President Donald Trump campaigned on renegotiating the North American Free Trade Agreement, known by its acronym NAFTA, calling it an “unfair” deal that puts foreign workers ahead of American interests and that it was “badly made,” creating a trade imbalance and hurting U.S. producers. The leaders of Canada and Mexico, the other two nations that are members of NAFTA along the U.S., Justin Trudeau and Enrique Peña Nieto, respectively, have expressed a willingness to modernise specific provisions of the trade deal, but are wholly opposed to ending the agreement or legislating sweeping changes to its language. Trump continues to float the possibility that the United States may terminate NAFTA if the negotiations don’t go their way, which Republicans and Democrats in Congress, as well as business leaders and the governments of Canada and Mexico, are opposed to. Trump seems to be very alone on this matter.
There are a few aspects of NAFTA that are in need of revisiting: Internet commerce was nonexistent when the agreement was negotiated. NAFTA was signed in 1993, long before the likes of Amazon, eBay and other internet market giants were around. In 2017, the most valuable U.S. companies are firms such as Apple, Alphabet, Microsoft, Amazon, and Facebook. There are intellectual-property issues that need to be sorted out, along with a few other issues related to digital commerce, telecom, and banking. The modern issue with NAFTA is about manufacturing. Trump (and other anti-trade politicians) has constantly repeated the mantra that NAFTA killed the U.S. manufacturing industry.
But American manufacturing is doing just fine, despite constant reports of its death. U.S. manufacturing output has, in fact, nearly doubled since the 1990s, when NAFTA was being negotiated. NAFTA is part of the reason for that: Our biggest export markets are Canada and Mexico. What has declined is manufacturing’s share of the work force, which is not by itself a bad thing. Our economy has become more tech-oriented and a lot more about service than manufacturing. NAFTA contributed to the explosive growth of the services sector of the U.S. economy, which has grown much more rapidly than manufacturing has and which now employs many more people. For a sense of scale, consider that financial services alone is a $1.4 trillion industry that accounts for more than 7 percent of U.S. economic output. That’s about twice the size of the automobile industry. And NAFTA has been a boon for other service-sector industries, too, from engineering to product design.
But while others are content with NAFTA remaining a low or zero-tariff free trade deal, going further, not backwards, may make more sense. In April of this year, I published a piece about why an EU-style Single Market might be better than the current arrangement, and that argument is made only stronger by the negotiations that have so far taken place between the U.S., Canada and Mexico. Disputes about Canadian lumber or Mexican VAT would be nonexistent if there was a transnational set of standards and tax policy. What would be accomplished would be a European Union-style border free economic treaty, harmonising areas such as finance, energy, telecoms, infrastructure, environmental protection, agriculture and fisheries, and education, and so on. Completely eliminating trade barriers and harmonising regulations among the national governments would ensure that North America operates uniformly in according with the highest market standards and would make the continent hugely competitive, given its current economic power.

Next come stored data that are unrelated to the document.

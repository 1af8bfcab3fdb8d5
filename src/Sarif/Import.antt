-- ===== src/Sarif/Import.antt =====
-- internal/sarif/sarif.go: `Import`.
use ai_evidence_bom.Prelude.{
  ℕ, ◌+◌, List, [], ◌∷◌, ◌++◌, Option, none, some, if◌then◌else◌, is_empty, length, done, ◌>>=◌,
  ◌>>◌,
}
use ai_evidence_bom.Text.{Text, codes}
use ai_evidence_bom.Text.Order.{text_order}
use ai_evidence_bom.Time.{Instant}
use ai_evidence_bom.Maps.{lookup, put}
use ai_evidence_bom.Aggregate.{merge}
use ai_evidence_bom.Model.Evidence.{no_evidence, merge_evidence_summary}
use ai_evidence_bom.Model.Graph.{Graph, Node, Edge, schema_version, field_property}
use ai_evidence_bom.Model.Claims.{add_field_evidence}
use ai_evidence_bom.Model.Resolve.{resolve_field_evidence}
use ai_evidence_bom.Model.Canonicalize.{canonicalize}
use ai_evidence_bom.Model.Identity.{stable_node_id, stable_edge_id}
use ai_evidence_bom.Normalize.Builder.{entries_of, edge_or_new}
use ai_evidence_bom.Platform.{Platform}
use ai_evidence_bom.Sarif
use ai_evidence_bom.Sarif.{Run, Document, Finding, Outcome, wrap}
use ai_evidence_bom.Sarif.Runs.{Decoded, parse, findings_for_run}
use ai_evidence_bom.Sarif.Target.{Urls, validate_relative_artifact_uri, find_target}

abbrev pub property_finding_format : Text
property_finding_format = codes "aiebom.finding.format"

abbrev pub property_finding_level : Text
property_finding_level = codes "aiebom.finding.sarif.level"

abbrev pub property_finding_state : Text
property_finding_state = codes "aiebom.finding.assertion"

abbrev pub property_scanner_version : Text
property_scanner_version = codes "aiebom.finding.scanner.version"

abbrev pub property_target_digest : Text
property_target_digest = codes "aiebom.finding.artifact.sha256"

abbrev pub property_target_uri : Text
property_target_uri = codes "aiebom.finding.artifact.uri"

pub record ImportResult : Type 0 where
  pub graph : Graph
  pub attached : ℕ
  pub skipped_results : ℕ
  pub artifact_uri : Text
  pub sarif_artifact_uri : Text
  pub artifact_sha256 : Text

-- The variables of the loops.
pub record Attached : Type 0 where
  pub nodes : List (Text × Node)
  pub edges : List (Text × Edge)
  pub skipped : ℕ

-- The node under an ID, or a new one.
abbrev pub finding_node_or_new : (id : Text) → Finding → Option Node → Node
finding_node_or_new id finding none = record {
  id = id;
  node_type = codes "finding";
  name = finding.rule_id;
  version = [];
  observed_versions = [];
  provider = finding.scanner;
  digests = [];
  properties = [];
  field_evidence = [];
  evidence = no_evidence;
}
finding_node_or_new id finding (some node) = node

-- What a finding adds to its node.
unfoldable pub report_finding : (artifact_uri digest : Text) → Finding → Node → Node
report_finding artifact_uri digest finding node =
    let claim = λ (n : Node) (key value : Text).
      add_field_evidence n field_property key value finding.evidence in
    let n0 = record node { evidence = merge_evidence_summary node.evidence finding.evidence } in
    let n1 = claim n0 property_finding_format (codes "sarif-2.1.0") in
    let n2 = claim n1 property_finding_level finding.level in
    let n3 = claim n2 property_finding_state (codes "scanner-reported") in
    let n4 = claim n3 property_target_uri artifact_uri in
    let n5 = claim n4 property_target_digest digest in
    resolve_field_evidence (
      if is_empty finding.scanner_version
      then n5
      else claim n5 property_scanner_version finding.scanner_version)

module _ (platform : Platform) (target : Node) (artifact_uri digest : Text) where
  -- The body of the inner loop.
  unfoldable pub attach_finding : Finding → Attached → Attached
  unfolding report_finding
  attach_finding finding a =
      let identity = artifact_uri ++ 0 ∷ (digest ++ 0 ∷ finding.rule_id) in
      let node_id = stable_node_id platform (codes "finding") finding.scanner identity in
      let node = finding_node_or_new node_id finding (lookup node_id a.nodes) in
      let edge_id = stable_edge_id platform target.id (codes "affected_by") node_id in
      let edge =
        edge_or_new edge_id target.id node_id (codes "affected_by") (lookup edge_id a.edges) in
      record a {
        nodes = put node_id (report_finding artifact_uri digest finding node) a.nodes;
        edges =
            put edge_id
              (record edge { evidence = merge_evidence_summary edge.evidence finding.evidence })
              a.edges;
      }

  unfoldable pub attach_findings : List Finding → Attached → Attached
  unfolding attach_finding
  attach_findings [] a = a
  attach_findings (finding ∷ findings) a = attach_findings findings (attach_finding finding a)

  -- The outer loop.
  unfoldable pub attach_runs :
      (sarif_uri : Text) (observed_at : Instant) (index : ℕ)
      → List Run
      → Attached
      → Outcome Attached
  unfolding attach_findings
  attach_runs sarif_uri observed_at index [] a = done a
  attach_runs sarif_uri observed_at index (run ∷ runs) a =
      wrap (Sarif.in_run index) (findings_for_run run sarif_uri observed_at) >>= λ found.
      attach_runs sarif_uri observed_at (index + 1) runs
        (attach_findings found.0 (record a { skipped = a.skipped + found.1 }))

-- The graph of the findings.
unfoldable pub incoming_graph : (source : Text) (observed_at : Instant) → Attached → Graph
unfolding entries_of
incoming_graph source observed_at a = canonicalize (record {
  schema = schema_version;
  generated_at = observed_at;
  source = source;
  nodes = entries_of a.nodes;
  edges = entries_of a.edges;
  metadata = [];
})

-- `Import`.
unfoldable pub import_sarif :
    Platform
    → Urls
    → (decode : List ℕ → Decoded) → Graph
    → (bytes : List ℕ)
    → (artifact_uri sarif_artifact_uri artifact_sha256 : Text) (observed_at : Instant)
    → Outcome ImportResult
import_sarif platform urls decode graph bytes artifact_uri sarif_uri digest observed_at = do
  target ← find_target urls graph artifact_uri digest
  validate_relative_artifact_uri urls Sarif.sarif_artifact_uri_name sarif_uri
  document ← parse decode bytes
  a ←
      attach_runs platform target artifact_uri digest sarif_uri observed_at 0 document.runs
        (record { nodes = []; edges = []; skipped = 0 })
  done (record {
    graph = merge graph (incoming_graph graph.source observed_at a) observed_at;
    attached = length a.nodes;
    skipped_results = a.skipped;
    artifact_uri = artifact_uri;
    sarif_artifact_uri = sarif_uri;
    artifact_sha256 = digest;
  })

If the U.S., Canada and Mexico were able to translate their regulatory regimes into a unitary mechanism, North America would be unstoppable. There are, of course, many technical hurdles that need to be addressed, chiefly the economic policies of the national governments and the process regarding the implementation of new measures, but we needn’t look further than Europe to learn how to harmonise legislation and regulation to make a continent competitive and growing.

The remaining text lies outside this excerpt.